[WHAT IS REQUIRED] Provide again, from the entries below, every line from the one containing "(get_value_fraction_bounds ppv_max load" through the one containing "-- PPV_MAX_LOAD, and", exactly as written, and no other line.

[MATERIAL PROVIDED]
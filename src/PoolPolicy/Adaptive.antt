-- ===== src/PoolPolicy/Adaptive.antt =====
-- The laws of the policies that sort by the load.
use rsplib.Base.{refl}
use rsplib.PoolPolicy.Compare.{
  least_used_comparison, least_used_degradation_comparison, priority_least_used_comparison,
  priority_least_used_degradation_comparison, get_sum,
}
use rsplib.PoolPolicy.Update.{least_used_degradation_update}
use rsplib.PoolPolicy.Dpf.{
  DoubleArith, least_used_degradation_dpf_comparison, least_used_degradation_dpf_value,
  least_used_dpf_comparison, least_used_dpf_value, priority_least_used_degradation_dpf_comparison,
  priority_least_used_degradation_dpf_value, priority_least_used_dpf_comparison,
  priority_least_used_dpf_value,
}
use rsplib.PoolPolicy.Table.{
  least_used, least_used_dpf, priority_least_used_dpf, priority_least_used_degradation_dpf,
  least_used_degradation, least_used_degradation_dpf, priority_least_used,
  priority_least_used_degradation,
}
use rsplib.PoolPolicy.Order.{IsPolicy, Keeps-refl, KeepAll-refl, by_key}

module _ (d : DoubleArith) where
  pub least_used-IsPolicy : IsPolicy (least_used d)
  unfolding least_used least_used_comparison
  least_used-IsPolicy = record {
    compares = by_key (λ e. e.policy_settings.load) (λ e n. refl) (λ e f. refl);
    update_keeps = λ e. Keeps-refl e;
    initialize_keeps = λ es e h. Keeps-refl e;
    prepare_keeps = λ es. KeepAll-refl es;
    prepare_sorted = λ es h s. s;
  }

  pub least_used_dpf-IsPolicy : IsPolicy (least_used_dpf d)
  unfolding least_used_dpf least_used_dpf_comparison least_used_dpf_value
  least_used_dpf-IsPolicy = record {
    compares = by_key (least_used_dpf_value d) (λ e n. refl) (λ e f. refl);
    update_keeps = λ e. Keeps-refl e;
    initialize_keeps = λ es e h. Keeps-refl e;
    prepare_keeps = λ es. KeepAll-refl es;
    prepare_sorted = λ es h s. s;
  }

  pub priority_least_used_dpf-IsPolicy : IsPolicy (priority_least_used_dpf d)
  unfolding priority_least_used_dpf priority_least_used_dpf_comparison priority_least_used_dpf_value
  priority_least_used_dpf-IsPolicy = record {
    compares = by_key (priority_least_used_dpf_value d) (λ e n. refl) (λ e f. refl);
    update_keeps = λ e. Keeps-refl e;
    initialize_keeps = λ es e h. Keeps-refl e;
    prepare_keeps = λ es. KeepAll-refl es;
    prepare_sorted = λ es h s. s;
  }

  pub priority_least_used_degradation_dpf-IsPolicy :
      IsPolicy (priority_least_used_degradation_dpf d)
  unfolding priority_least_used_degradation_dpf priority_least_used_degradation_dpf_comparison
      priority_least_used_degradation_dpf_value least_used_degradation_update
  priority_least_used_degradation_dpf-IsPolicy = record {
    compares = by_key (priority_least_used_degradation_dpf_value d) (λ e n. refl) (λ e f. refl);
    update_keeps = λ e. record {
      same_identifier = refl;
      same_account = refl;
      same_seq = refl;
      same_settings = refl;
      only_counters = refl;
      fits = λ h. h;
    };
    initialize_keeps = λ es e h. Keeps-refl e;
    prepare_keeps = λ es. KeepAll-refl es;
    prepare_sorted = λ es h s. s;
  }

  pub least_used_degradation-IsPolicy : IsPolicy (least_used_degradation d)
  unfolding least_used_degradation least_used_degradation_comparison least_used_degradation_update
  least_used_degradation-IsPolicy = record {
    compares =
        by_key (λ e. get_sum e.policy_settings.load e.degradation 0) (λ e n. refl) (λ e f. refl);
    update_keeps = λ e. record {
      same_identifier = refl;
      same_account = refl;
      same_seq = refl;
      same_settings = refl;
      only_counters = refl;
      fits = λ h. h;
    };
    initialize_keeps = λ es e h. Keeps-refl e;
    prepare_keeps = λ es. KeepAll-refl es;
    prepare_sorted = λ es h s. s;
  }

  pub least_used_degradation_dpf-IsPolicy : IsPolicy (least_used_degradation_dpf d)
  unfolding least_used_degradation_dpf least_used_degradation_dpf_comparison
      least_used_degradation_dpf_value least_used_degradation_update
  least_used_degradation_dpf-IsPolicy = record {
    compares = by_key (least_used_degradation_dpf_value d) (λ e n. refl) (λ e f. refl);
    update_keeps = λ e. record {
      same_identifier = refl;
      same_account = refl;
      same_seq = refl;
      same_settings = refl;
      only_counters = refl;
      fits = λ h. h;
    };
    initialize_keeps = λ es e h. Keeps-refl e;
    prepare_keeps = λ es. KeepAll-refl es;
    prepare_sorted = λ es h s. s;
  }

  pub priority_least_used-IsPolicy : IsPolicy (priority_least_used d)
  unfolding priority_least_used priority_least_used_comparison
  priority_least_used-IsPolicy = record {
    compares =
        by_key (λ e. get_sum e.policy_settings.load e.policy_settings.load_degradation 0)
          (λ e n. refl) (λ e f. refl);
    update_keeps = λ e. Keeps-refl e;
    initialize_keeps = λ es e h. Keeps-refl e;
    prepare_keeps = λ es. KeepAll-refl es;
    prepare_sorted = λ es h s. s;
  }

  pub priority_least_used_degradation-IsPolicy : IsPolicy (priority_least_used_degradation d)
  unfolding priority_least_used_degradation priority_least_used_degradation_comparison
      least_used_degradation_update
  priority_least_used_degradation-IsPolicy = record {
    compares =
        by_key
          (λ e. get_sum e.policy_settings.load e.policy_settings.load_degradation e.degradation)
          (λ e n. refl) (λ e f. refl);
    update_keeps = λ e. record {
      same_identifier = refl;
      same_account = refl;
      same_seq = refl;
      same_settings = refl;
      only_counters = refl;
      fits = λ h. h;
    };
    initialize_keeps = λ es e h. Keeps-refl e;
    prepare_keeps = λ es. KeepAll-refl es;
    prepare_sorted = λ es h s. s;
  }
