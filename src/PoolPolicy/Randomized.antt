-- ===== src/PoolPolicy/Randomized.antt =====
-- The laws of the policies that choose at random, by the load.
use rsplib.Base.{refl}
use rsplib.PoolPolicy.Compare.{
  randomized_least_used_comparison, randomized_least_used_degradation_comparison,
  randomized_priority_least_used_comparison, randomized_priority_least_used_degradation_comparison,
}
use rsplib.PoolPolicy.Update.{
  randomized_least_used_degradation_update, randomized_least_used_update,
  randomized_priority_least_used_degradation_update, randomized_priority_least_used_update,
}
use rsplib.PoolPolicy.Dpf.{DoubleArith}
use rsplib.PoolPolicy.Table.{
  randomized_least_used, randomized_least_used_degradation, randomized_priority_least_used,
  randomized_priority_least_used_degradation,
}
use rsplib.PoolPolicy.Order.{IsPolicy, Keeps-refl, KeepAll-refl, by_identifier}

module _ (d : DoubleArith) where
  pub randomized_least_used-IsPolicy : IsPolicy (randomized_least_used d)
  unfolding randomized_least_used randomized_least_used_comparison randomized_least_used_update
  randomized_least_used-IsPolicy = record {
    compares = by_identifier;
    update_keeps = λ e. record {
      same_identifier = refl;
      same_account = refl;
      same_seq = refl;
      same_settings = refl;
      only_counters = refl;
      fits = λ h. h;
    };
    initialize_keeps = λ es e h. Keeps-refl e;
    prepare_keeps = λ es. KeepAll-refl es;
    prepare_sorted = λ es h s. s;
  }

  pub randomized_least_used_degradation-IsPolicy : IsPolicy (randomized_least_used_degradation d)
  unfolding randomized_least_used_degradation randomized_least_used_degradation_comparison
      randomized_least_used_degradation_update
  randomized_least_used_degradation-IsPolicy = record {
    compares = by_identifier;
    update_keeps = λ e. record {
      same_identifier = refl;
      same_account = refl;
      same_seq = refl;
      same_settings = refl;
      only_counters = refl;
      fits = λ h. h;
    };
    initialize_keeps = λ es e h. Keeps-refl e;
    prepare_keeps = λ es. KeepAll-refl es;
    prepare_sorted = λ es h s. s;
  }

  pub randomized_priority_least_used-IsPolicy : IsPolicy (randomized_priority_least_used d)
  unfolding randomized_priority_least_used randomized_priority_least_used_comparison
      randomized_priority_least_used_update
  randomized_priority_least_used-IsPolicy = record {
    compares = by_identifier;
    update_keeps = λ e. record {
      same_identifier = refl;
      same_account = refl;
      same_seq = refl;
      same_settings = refl;
      only_counters = refl;
      fits = λ h. h;
    };
    initialize_keeps = λ es e h. Keeps-refl e;
    prepare_keeps = λ es. KeepAll-refl es;
    prepare_sorted = λ es h s. s;
  }

  pub randomized_priority_least_used_degradation-IsPolicy :
      IsPolicy (randomized_priority_least_used_degradation d)
  unfolding randomized_priority_least_used_degradation
      randomized_priority_least_used_degradation_comparison
      randomized_priority_least_used_degradation_update
  randomized_priority_least_used_degradation-IsPolicy = record {
    compares = by_identifier;
    update_keeps = λ e. record {
      same_identifier = refl;
      same_account = refl;
      same_seq = refl;
      same_settings = refl;
      only_counters = refl;
      fits = λ h. h;
    };
    initialize_keeps = λ es e h. Keeps-refl e;
    prepare_keeps = λ es. KeepAll-refl es;
    prepare_sorted = λ es h s. s;
  }
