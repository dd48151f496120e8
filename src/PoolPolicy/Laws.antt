-- ===== src/PoolPolicy/Laws.antt =====
-- Every policy of PoolPolicyArray obeys the laws that a pool relies on.
use rsplib.Base.{ℕ, List, [], ◌∷◌, ◌≡◌, All, some, Bool-cases, inl, inr, arith, ◌==◌, subst}
use rsplib.PoolPolicy.{PoolPolicy}
use rsplib.PoolPolicy.Dpf.{DoubleArith}
use rsplib.PoolPolicy.Table.{pool_policy_array, get_pool_policy_by_type}
use rsplib.PoolPolicy.Order.{IsPolicy}
use rsplib.PoolPolicy.Fixed.{
  round_robin-IsPolicy, weighted_round_robin-IsPolicy, random-IsPolicy, weighted_random-IsPolicy,
  weighted_random_dpf-IsPolicy, priority-IsPolicy,
}
use rsplib.PoolPolicy.Adaptive.{
  least_used-IsPolicy, least_used_dpf-IsPolicy, priority_least_used_dpf-IsPolicy,
  priority_least_used_degradation_dpf-IsPolicy, least_used_degradation-IsPolicy,
  least_used_degradation_dpf-IsPolicy, priority_least_used-IsPolicy,
  priority_least_used_degradation-IsPolicy,
}
use rsplib.PoolPolicy.Randomized.{
  randomized_least_used-IsPolicy, randomized_least_used_degradation-IsPolicy,
  randomized_priority_least_used-IsPolicy, randomized_priority_least_used_degradation-IsPolicy,
}

module _ (d : DoubleArith) where
  -- Each of the 18 policies sorts strictly, distinguishes elements by their identifiers and sequence
  -- numbers, keeps its order under renumbering, and changes no field of an element but its round and
  -- virtual counters, its degradation and its value when it updates, initializes or prepares it;
  -- preparing a sorted selection leaves it sorted.
  pub pool_policy_array-IsPolicy : All IsPolicy (pool_policy_array d)
  unfolding pool_policy_array
  pool_policy_array-IsPolicy = (
    round_robin-IsPolicy d,
    (
      weighted_round_robin-IsPolicy d,
      (
        random-IsPolicy d,
        (
          weighted_random-IsPolicy d,
          (
            weighted_random_dpf-IsPolicy d,
            (
              priority-IsPolicy d,
              (
                least_used-IsPolicy d,
                (
                  least_used_dpf-IsPolicy d,
                  (
                    priority_least_used_dpf-IsPolicy d,
                    (
                      priority_least_used_degradation_dpf-IsPolicy d,
                      (
                        least_used_degradation-IsPolicy d,
                        (
                          least_used_degradation_dpf-IsPolicy d,
                          (
                            priority_least_used-IsPolicy d,
                            (
                              priority_least_used_degradation-IsPolicy d,
                              (
                                randomized_least_used-IsPolicy d,
                                (
                                  randomized_least_used_degradation-IsPolicy d,
                                  (
                                    randomized_priority_least_used-IsPolicy d,
                                    (randomized_priority_least_used_degradation-IsPolicy d, tt),
                                  ),
                                ),
                              ),
                            ),
                          ),
                        ),
                      ),
                    ),
                  ),
                ),
              ),
            ),
          ),
        ),
      ),
    ),
  )

-- What holds of every policy of a table holds of the one that the search by type returns, and that
-- one has the type.
pub get_pool_policy_by_type-All :
    (P : PoolPolicy → Type 0) (ps : List PoolPolicy) (t : ℕ) (p : PoolPolicy)
    → get_pool_policy_by_type ps t ≡ some p
    → All P ps
    → P p × (p.type ≡ t)
unfolding get_pool_policy_by_type
get_pool_policy_by_type-All P [] t p e h = cc
get_pool_policy_by_type-All P (q ∷ ps) t p e h = elim (Bool-cases (q.type == t)) [
  | inl y ↦ let found : q ≡ p = ground arith in (subst P found h.0, ground arith)
  | inr n ↦ get_pool_policy_by_type-All P ps t p (ground arith) h.1
]

-- A registered policy type leads to a policy of that type that obeys the laws.
pub get_pool_policy_by_type-IsPolicy :
    (d : DoubleArith) (t : ℕ) (p : PoolPolicy)
    → get_pool_policy_by_type (pool_policy_array d) t ≡ some p
    → IsPolicy p × (p.type ≡ t)
get_pool_policy_by_type-IsPolicy d t p e =
    get_pool_policy_by_type-All IsPolicy (pool_policy_array d) t p e (pool_policy_array-IsPolicy d)
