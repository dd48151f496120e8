-- ===== src/PoolPolicy/Bounds.antt =====
-- The numbers that the policies compute stay in their range.
use rsplib.Base.{ℕ, ◌+◌, ◌<◌, ◌≤◌, [], ◌∷◌, ◌≡◌, ◌↔◌, arith, All}
use rsplib.PolicySettings.{ppv_max}
use rsplib.PoolElement.{PoolElementNode}
use rsplib.PoolPolicy.Compare.{get_sum, get_value_fraction}
use rsplib.PoolPolicy.Dpf.{DoubleArith, weighted_random_dpf_value}
use rsplib.PoolPolicy.Update.{
  least_used_degradation_update, randomized_least_used_update,
  randomized_least_used_degradation_update, randomized_priority_least_used_update,
  randomized_priority_least_used_degradation_update,
}

get_value_fraction_bounds :
    (base v1 v2 v3 : ℕ)
    → (1 ≤ get_value_fraction base v1 v2 v3) × (get_value_fraction base v1 v2 v3 ≤ ppv_max)
unfolding get_value_fraction
get_value_fraction_bounds base v1 v2 v3 = (ground arith, ground arith)

-- After the update by each of the four randomized load policies, an element can be selected: its
-- value is at least 1, whatever its load and its degradation are, and at most PPV_MAX_WEIGHT.
pub randomized_least_used_update_bounds :
    (e : PoolElementNode)
    → All
        (λ update. (1 ≤ (update e).value) × ((update e).value ≤ ppv_max))
        (randomized_least_used_update ∷ randomized_least_used_degradation_update
          ∷ randomized_priority_least_used_update
          ∷ randomized_priority_least_used_degradation_update ∷ [])
unfolding randomized_least_used_update randomized_least_used_degradation_update
    randomized_priority_least_used_update randomized_priority_least_used_degradation_update
randomized_least_used_update_bounds e =
    let load = e.policy_settings.load in
    let step = e.policy_settings.load_degradation in
    (
      get_value_fraction_bounds ppv_max load 0 0,
      (
        get_value_fraction_bounds ppv_max load e.degradation 0,
        (
          get_value_fraction_bounds ppv_max load step 0,
          (get_value_fraction_bounds ppv_max load step e.degradation, tt),
        ),
      ),
    )

-- One call of the update function of Least Used with Degradation keeps a degradation of at most
-- PPV_MAX_LOAD in that range and does not lower it. It adds the load degradation, if the sum is at most
-- PPV_MAX_LOAD, and else has the result PPV_MAX_LOAD.
pub least_used_degradation_update_bounds :
    (e : PoolElementNode)
    → e.degradation ≤ ppv_max
    → let e' = least_used_degradation_update e in
      (e'.degradation ≤ ppv_max)
      × (e.degradation ≤ e'.degradation)
      × (e.degradation + e.policy_settings.load_degradation ≤ ppv_max
          → e'.degradation ≡ e.degradation + e.policy_settings.load_degradation)
      × (ppv_max < e.degradation + e.policy_settings.load_degradation → e'.degradation ≡ ppv_max)
unfolding least_used_degradation_update get_sum
least_used_degradation_update_bounds e h =
    (ground arith, ground arith, (λ k. ground arith), λ k. ground arith)

-- For a weight up to PPV_MAX_WEIGHT, the value that Weighted Random with a distance penalty computes is
-- 0, so that the element cannot be selected, exactly if the penalty is equal to the weight; for a
-- greater penalty it is 1.
pub weighted_random_dpf_value_zero :
    (d : DoubleArith) (weight penalty : ℕ)
    → weight ≤ ppv_max
    → ((weighted_random_dpf_value d weight penalty ≡ 0) ↔ (weight ≡ penalty))
      × (weight < penalty → weighted_random_dpf_value d weight penalty ≡ 1)
unfolding weighted_random_dpf_value
weighted_random_dpf_value_zero d weight penalty h =
    (((λ q. ground arith), (λ q. ground arith)), λ l. ground arith)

[SOLUTION FOR THIS PROBLEM]
          (get_value_fraction_bounds ppv_max load step e.degradation, tt),
        ),
      ),
    )

-- One call of the update function of Least Used with Degradation keeps a degradation of at most
-- PPV_MAX_LOAD in that range and does not lower it. It adds the load degradation, if the sum is at most
-- PPV_MAX_LOAD, and else has the result PPV_MAX_LOAD.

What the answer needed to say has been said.